The input:
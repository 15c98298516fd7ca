-- ===== src/Proc/ForkReturns.antt =====
-- `fork` (proc.c) does not panic and does not read outside an array when its tables are in order.
use assignment.Prelude.{
  ℕ, zero, suc, ◌+◌, ◌≤◌, ◌<◌, ◌≡◌, refl, ◌∙◌, ap, List, [], ◌∷◌, Option, none, some, pos, arith,
  ◌==◌, Bool-cases, inl, inr, get_elem?, modify, length, get_elem?-modify,
}
use assignment.Kernel.{Kernel, Proc, File}
use assignment.CString.{safestrcpy, copy_from}
use assignment.File.{filedup}
use assignment.Proc.Fork.{dup_files, idup, forked, fork_into}

-- Each open file of the list is in the file table, with a reference.
abbrev pub AreOpen : List File → List (Option ℕ) → Type 0
AreOpen files [] = Unit
AreOpen files (none ∷ fs) = AreOpen files fs
AreOpen files (some f ∷ fs) =
    ((x : File) × (get_elem? files f ≡ some x) × (0 < x.ref)) × AreOpen files fs

referred : File → File
referred f = record f { ref = f.ref + 1 }

referred-open :
    (files : List File) (f g : ℕ) (x : File)
    → get_elem? files g ≡ some x
    → 0 < x.ref
    → (y : File) × (get_elem? (modify files f referred) g ≡ some y) × (0 < y.ref)
unfolding referred
referred-open files f g x at more =
    let q = get_elem?-modify files f g referred in
    elim (Bool-cases (f == g)) [
      | inl e ↦ (referred x, ground (arith, q, at, e), omega arith)
      | inr e ↦ (x, ground (arith, q, at, e), more)
    ]

AreOpen-referred :
    (files : List File) (f : ℕ) (fs : List (Option ℕ))
    → AreOpen files fs
    → AreOpen (modify files f referred) fs
AreOpen-referred files f [] o = tt
AreOpen-referred files f (none ∷ fs) o = AreOpen-referred files f fs o
AreOpen-referred files f (some g ∷ fs) ((x, at, more), o) =
    (referred-open files f g x at more, AreOpen-referred files f fs o)

filedup_returns :
    (f : ℕ) (files : List File) (x : File)
    → get_elem? files f ≡ some x
    → 0 < x.ref
    → filedup f files ≡ some (modify files f referred)
unfolding filedup referred
filedup_returns f files x at more = ground (arith, at, more)

dup_files_returns :
    (fs ofile : List (Option ℕ)) (files : List File)
    → AreOpen files fs
    → length fs ≤ length ofile
    → (r : List (Option ℕ) × List File) × (dup_files fs ofile files ≡ some r)
unfolding dup_files
dup_files_returns [] ofile files o le = ((ofile, files), refl)
dup_files_returns (f ∷ fs) [] files o le = absurd (omega (arith, le))
dup_files_returns (none ∷ fs) (p ∷ ofile) files o le =
    let r = dup_files_returns fs ofile files o (omega (arith, le)) in
    ((p ∷ r.0.0, r.0.1), rw (r.1, dup_files) refl)
dup_files_returns (some f ∷ fs) (p ∷ ofile) files ((x, at, more), o) le =
    let r =
      dup_files_returns fs ofile (modify files f referred) (AreOpen-referred files f fs o)
        (omega (arith, le)) in
    (
      (some f ∷ r.0.0, r.0.1),
      rw (filedup_returns f files x at more, dup_files) (rw (r.1, dup_files) refl),
    )

copy_from_returns :
    (n : ℕ) (s t : List ℕ) → n ≤ length s → n ≤ length t → (r : List ℕ) × (copy_from n s t ≡ some r)
unfolding copy_from
copy_from_returns zero s t ls lt = (s, refl)
copy_from_returns (suc zero) [] t ls lt = absurd (omega (arith, ls))
copy_from_returns (suc zero) (d ∷ s) t ls lt = (0 ∷ s, refl)
copy_from_returns (suc (suc n)) [] t ls lt = absurd (omega (arith, ls))
copy_from_returns (suc (suc n)) (d ∷ []) t ls lt = absurd (omega (arith, ls))
copy_from_returns (suc (suc n)) (d ∷ e ∷ s) [] ls lt = absurd (omega (arith, lt))
copy_from_returns (suc (suc n)) (d ∷ e ∷ s) (c ∷ t) ls lt =
    let r = copy_from_returns (suc n) (e ∷ s) t (omega (arith, ls)) (omega (arith, lt)) in
    elim (Bool-cases (c == 0)) [
      | inl q ↦ (c ∷ 0 ∷ s, rw (q, copy_from) refl)
      | inr q ↦ (c ∷ r.0, rw (q, copy_from) (rw (r.1, copy_from) refl))
    ]

idup_returns :
    (ip : ℕ) (refs : List ℕ)
    → ip < length refs
    → idup (some ip) refs ≡ some (modify refs ip (λ r. r + 1))
unfolding idup
idup_returns ip refs lt = ground (arith, lt)

-- If the open files of the caller have references, its current directory is in the inode cache, and
-- the tables and names have their sizes, `fork` returns the pid of the child once the memory is
-- copied.
pub fork_into_returns :
    (cur i pgdir ip : ℕ) (np proc : Proc) (k : Kernel)
    → AreOpen k.files proc.ofile
    → length proc.ofile ≤ length np.ofile
    → proc.cwd ≡ some ip
    → ip < length k.inode_refs
    → 16 ≤ length np.name
    → 16 ≤ length proc.name
    → (k' : Kernel) × (fork_into cur i np proc pgdir k ≡ some (pos np.pid, k'))
unfolding fork_into safestrcpy
fork_into_returns cur i pgdir ip np proc k o le here cached new_name old_name =
    let r = dup_files_returns proc.ofile np.ofile k.files o le in
    let name = copy_from_returns 16 np.name proc.name new_name old_name in
    let refs = ap (λ c. idup c k.inode_refs) here ∙ idup_returns ip k.inode_refs cached in
    (
      record k {
        files = r.0.1;
        inode_refs = modify k.inode_refs ip (λ n. n + 1);
        procs = modify k.procs i (forked cur pgdir r.0.0 name.0 proc);
      },
      rw (r.1, fork_into) (rw (refs, fork_into) (rw (name.1, fork_into) refl)),
    )
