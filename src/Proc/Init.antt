-- ===== src/Proc/Init.antt =====
-- `userinit` (proc.c): the first process.
use assignment.Prelude.{
  ℕ, List, [], ◌∷◌, Option, none, some, get_elem?, modify, if◌then◌else◌, ◌==◌,
}
use assignment.CString.{safestrcpy}
use assignment.Kernel.{Kernel, Proc, runnable}
use assignment.Proc.Table.{allocproc}

-- PGSIZE
abbrev page_size : ℕ
page_size = 4096

-- "initcode" and its zero
abbrev init_name : List ℕ
init_name = b'i' ∷ b'n' ∷ b'i' ∷ b't' ∷ b'c' ∷ b'o' ∷ b'd' ∷ b'e' ∷ 0 ∷ []

-- The registers `cs`, `ds`, `es`, `ss` and `eflags`; the segments have the privilege DPL_USER.
abbrev init_registers : List ℕ
init_registers = 35 ∷ 43 ∷ 43 ∷ 43 ∷ 512 ∷ []

-- The entry of the first process, with its page directory, its name and the inode of the root.
abbrev pub first_process : ℕ → List ℕ → Option ℕ → Proc → Proc
first_process pgdir name cwd p = record p {
  pgdir = pgdir;
  sz = page_size;
  tf = record { eax = 0; eip = 0; esp = page_size; others = init_registers };
  name = name;
  cwd = cwd;
  state = runnable;
}

-- `userinit`, with the page directory that `setupkvm` and `inituvm` make of the free pages, or 0, and
-- the inode that `namei("/")` finds. `none` is a panic or an access through a null pointer.
unfoldable pub userinit : (List ℕ → ℕ × List ℕ) → Option ℕ → Kernel → Option Kernel
userinit make_pgdir root k =
    let (entry, k1) = allocproc k in
    elim entry [
      | none ↦ none
      | some i ↦ elim (get_elem? k1.procs i) [
        | none ↦ none
        | some p ↦
            let made = make_pgdir k1.freelist in
            if made.0 == 0 then none else elim (safestrcpy p.name init_name 16) [
              | none ↦ none
              | some name ↦ some (record k1 {
                initproc = some i;
                freelist = made.1;
                procs = modify k1.procs i (first_process (made.0) name root);
              })
            ]
      ]
    ]
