-- ===== src/Proc/Join.antt =====
-- `wait`, for a child process to end, and `kthread_join`, for a thread.
use assignment.Prelude.{
  ◌+◌, ◌%◌, ◌^◌, List, map, ℕ, Bool, true, false, ◌&&◌, ◌||◌, not, Option, none, some, ℤ, pos,
  minus_one, ◌==ℤ◌, ◌==◌, ltb, if◌then◌else◌, get_elem?, modify, find_index, count_if, length,
}
use assignment.Kernel.{Kernel, Proc, zombie, ◌==state◌, proc_chan, same_ptr}
use assignment.Kalloc.{kern_base, v2p, kfree}
use assignment.Env.{Env}
use assignment.Vm.Memory.{Vm}
use assignment.Vm.User.{freevm}
use assignment.Proc.Table.{sleep, after_sleep}
use assignment.Proc.Exit.{reaped}

abbrev pub is_child : ℕ → Proc → Bool
is_child cur p = same_ptr p.parent (some cur)

abbrev pub is_dead_child : ℕ → Proc → Bool
is_dead_child cur p = same_ptr p.parent (some cur) && p.state ==state zombie

-- What one scan of the loop of `wait` comes to.
pub data Scan : Type 0 where
  returns : ℤ → Scan
  sleeps : Scan

-- `p2v`
abbrev pub p2v : ℕ → ℕ
p2v a = (a + kern_base) % 2 ^ 32

-- `freevm` of vm.c as the process code calls it, over the memory `vm`; the model of vm.c names pages
-- by their physical addresses.
unfoldable pub freevm_in : Vm → ℕ → List ℕ → Option (List ℕ)
freevm_in vm pgdir freelist =
    elim (freevm (v2p pgdir) (record vm { freelist = map v2p freelist })) [
      | none ↦ none
      | some (u, vm') ↦ some (map p2v vm'.freelist)
    ]

-- The zombie in the entry `i` is reaped, with its stack and its memory.
unfoldable pub reap : Env → ℕ → Proc → Kernel → Option (Scan × Kernel)
reap env i p k = elim (kfree k.kernel_end p.kstack k.freelist) [
  | none ↦ none
  | some freelist1 ↦ elim (env.freevm p.pgdir freelist1) [
    | none ↦ none
    | some freelist ↦
        some
          (returns (pos p.pid), record k { freelist = freelist; procs = modify k.procs i reaped })
  ]
]

-- One scan of `wait`. Where it sleeps, the scan is made again after it.
unfoldable pub wait : Env → ℕ → Kernel → Option (Scan × Kernel)
wait env cur k = elim (get_elem? k.procs cur) [
  | none ↦ none
  | some proc ↦ elim (find_index (is_dead_child cur) k.procs) [
    | some i ↦ elim (get_elem? k.procs i) [ none ↦ none | some p ↦ reap env i p k ]
    | none ↦
        if count_if (is_child cur) k.procs == 0 || proc.killed
        then some (returns minus_one, k)
        else some (sleeps, sleep cur (proc_chan cur) k)
  ]
]

abbrev pub is_joinable : ℤ → Proc → Bool
is_joinable tid p = p.thread_id ==ℤ tid && not (p.state ==state zombie)

abbrev pub is_free : Option ℕ → Bool
is_free none = true
is_free (some i) = false

-- Where `kthread_join` sleeps: the entry of the thread, and the index in its `sleepingThreads` at
-- which the caller stands, 64 if all are taken.
pub data Joining : Type 0 where
  no_thread : Joining
  joins : (p i : ℕ) → Joining

-- `kthread_join` up to its sleep.
unfoldable pub kthread_join : ℤ → ℕ → Kernel → Option (Joining × Kernel)
kthread_join tid cur k = elim (find_index (is_joinable tid) k.procs) [
  | none ↦ some (no_thread, k)
  | some p ↦ elim (get_elem? k.procs p) [
    | none ↦ none
    | some target ↦ elim (find_index is_free target.sleeping_threads) [
      | none ↦ some (joins p 64, sleep cur (proc_chan cur) k)
      | some i ↦ some (
        joins p i,
        sleep cur (proc_chan cur) (record k {
          procs =
              modify k.procs p
                (λ t. record t { sleeping_threads = modify t.sleeping_threads i (λ _. some cur) });
        }),
      )
    ]
  ]
]

-- `kthread_join` after its sleep, when it returns 0; `none` is the write behind the array.
unfoldable pub after_join : ℕ → ℕ → ℕ → Kernel → Option Kernel
after_join p i cur k = elim (get_elem? k.procs p) [
  | none ↦ none
  | some target ↦
      if ltb i (length target.sleeping_threads)
      then some (
          after_sleep cur (record k {
            procs =
                modify k.procs p
                  (λ t. record t { sleeping_threads = modify t.sleeping_threads i (λ _. none) });
          }))
      else none
]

Required action:
Reprint exactly the lines above that start at the one with "-- ===== src/Proc/Init.antt" and end at the one with "abbrev pub first_process", keeping both and adding none.

Reply to the task:
-- ===== src/Proc/Init.antt =====
-- `userinit` (proc.c): the first process.
use assignment.Prelude.{
  ℕ, List, [], ◌∷◌, Option, none, some, get_elem?, modify, if◌then◌else◌, ◌==◌,
}
use assignment.CString.{safestrcpy}
use assignment.Kernel.{Kernel, Proc, runnable}
use assignment.Proc.Table.{allocproc}

-- PGSIZE
abbrev page_size : ℕ
page_size = 4096

-- "initcode" and its zero
abbrev init_name : List ℕ
init_name = b'i' ∷ b'n' ∷ b'i' ∷ b't' ∷ b'c' ∷ b'o' ∷ b'd' ∷ b'e' ∷ 0 ∷ []

-- The registers `cs`, `ds`, `es`, `ss` and `eflags`; the segments have the privilege DPL_USER.
abbrev init_registers : List ℕ
init_registers = 35 ∷ 43 ∷ 43 ∷ 43 ∷ 512 ∷ []

-- The entry of the first process, with its page directory, its name and the inode of the root.
abbrev pub first_process : ℕ → List ℕ → Option ℕ → Proc → Proc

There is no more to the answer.